In conclusion, Smout does not expect that the capsule will soon be eligible for reimbursement within the package of insured care. “We don’t know what the capsule will cost yet,” he says, “but it’s a non-reusable device, so it will be more expensive than a laxative. The added value of the capsule for the patient compared to laxative measures must then be really evident. There are also other treatment options for really treatment-resistant constipation, namely daily intestinal rinsing and, in extreme cases, total removal of the colon. These clearly have adverse effects on the quality of life and you would therefore prefer to avoid them. But for both I don’t see the capsule as a realistic alternative. Those two options are ideal for the heaviest patient category, and neither the Israeli nor the Chinese capsule have been tested on that group. In short: the idea is certainly interesting from a scientific point of view, but the road to the clinic is still uncertain.”

References:

  1. Ron Y, Halpern Z, Safadi R, et.al. Safety and efficacy of the vibrating capsule, an innovative non-pharmaceutical treatment modality for chronic constipation. Neurogastroenterol Motil. 2015:27;99-104.
  2. Rao S, Lembo A, Chey W, et.al. Effects of the vibrating capsule on colonic circadian rhythm and bowel symptoms in chronic idiopathic constipation. Neurogastroenterol Motil. 2020:32:e13890.

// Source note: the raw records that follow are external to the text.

-- ===== src/Log/Invariant/Entries.antt =====
-- An area of the EEPROM that holds its entries from the first slot on without a gap.
use ventilation_system_proje.Common.{
  ℕ, suc, ◌+◌, ◌≤◌, ◌<◌, ◌≡◌, ◌≢◌, sym, ap, ◌∙◌, List, Option, some, length, arith, dec_lt, subst,
  get_or,
}
use ventilation_system_proje.Common.Cells.{overwritten, overwritten_inside, overwritten_outside}
use ventilation_system_proje.Log.Slots.{slot, Search, hit, miss}

-- The first `k` slots of the area at `base` are in use, and the others, up to 256, are free.
pub record Filled (f : ℕ → ℕ) (base k : ℕ) : Type 0 where
  pub room : k < 256
  pub used : (i : ℕ) → i < k → f (slot base i) ≢ 0
  pub free : (i : ℕ) → k ≤ i → i < 256 → f (slot base i) ≡ 0

-- Only one number of entries fits.
pub Search-Filled :
    {f : ℕ → ℕ} {base k : ℕ} {o : Option ℕ}
    → Filled f base k
    → Search f 256 base o
    → o ≡ some (slot base k)
Search-Filled {f} {base} {k} p (hit j a e q z before) = elim (dec_lt j k) [
  | yes lt ↦ absurd (p.used j lt (subst (λ t. f t ≡ 0) e z))
  | no ge ↦ elim (dec_lt k j) [
    | yes gt ↦ absurd (before k gt (p.free k (omega arith) p.room))
    | no le ↦ ap some (omega arith)
  ]
]
Search-Filled {f} {base} {k} p (miss full) = absurd (full k p.room (p.free k (omega arith) p.room))

-- Writing an entry in the first free slot.
pub Filled-store :
    (f : ℕ → ℕ) (base k : ℕ) (entry : List ℕ)
    → length entry ≡ 8
    → get_or entry 0 0 ≡ 1
    → suc k < 256
    → Filled f base k
    → Filled (overwritten f (slot base k) entry) base (suc k)
Filled-store f base k entry len first more p = record {
  room = more;
  used = λ i q e. elim (dec_lt i k) [
    | yes lt ↦
        p.used i lt
          (sym (overwritten_outside f (slot base k) entry (slot base i) (omega arith)) ∙ e)
    | no ge ↦ absurd (
        omega (
          arith,
          sym e
              ∙ overwritten_inside f (slot base k) entry (slot base i) (omega arith) (omega arith)
              ∙ ap (λ t. get_or entry t 0) (omega arith)
              ∙ first,
        ))
  ];
  free = λ i q r.
      overwritten_outside f (slot base k) entry (slot base i) (omega arith)
      ∙ p.free i (omega arith) r;
}

-- What happens outside an area leaves it as it is.
pub Filled-same :
    (f g : ℕ → ℕ) (base k : ℕ)
    → ((b : ℕ) → base ≤ b → b < base + 2048 → g b ≡ f b)
    → Filled f base k
    → Filled g base k
Filled-same f g base k same p = record {
  room = p.room;
  used = λ i q e.
      let r = p.room in p.used i q (sym (same (slot base i) (omega arith) (omega arith)) ∙ e);
  free = λ i q r. same (slot base i) (omega arith) (omega arith) ∙ p.free i q r;
}

-- An area with every slot free.
pub Filled-cleared :
    (f : ℕ → ℕ) (base : ℕ) → ((i : ℕ) → i < 256 → f (slot base i) ≡ 0) → Filled f base 0
Filled-cleared f base h = record {
  room = omega arith;
  used = λ i q e. absurd (omega arith);
  free = λ i q r. h i r;
}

  3. Rao S, Quigley E, Chey W, et.al. Efficacy and safety of Vibrant capsule for chronic idiopathic constipation (CIC): randomized, double-blind, multicenter, placebo-controlled phase III trial. Gastroenterol. 2022:162(7)Suppl;S-124. Doi 10.1016/S0016-5085(22)60302-0.
  4. Zhu J, Qian Y, Pan J, et.al. Efficacy and safety of vibrating capsule for functional constipation (VICONS): A randomized, double-blind, placebo-controlled multicenter trial. eClinicalMedicine. 2022;47:101407.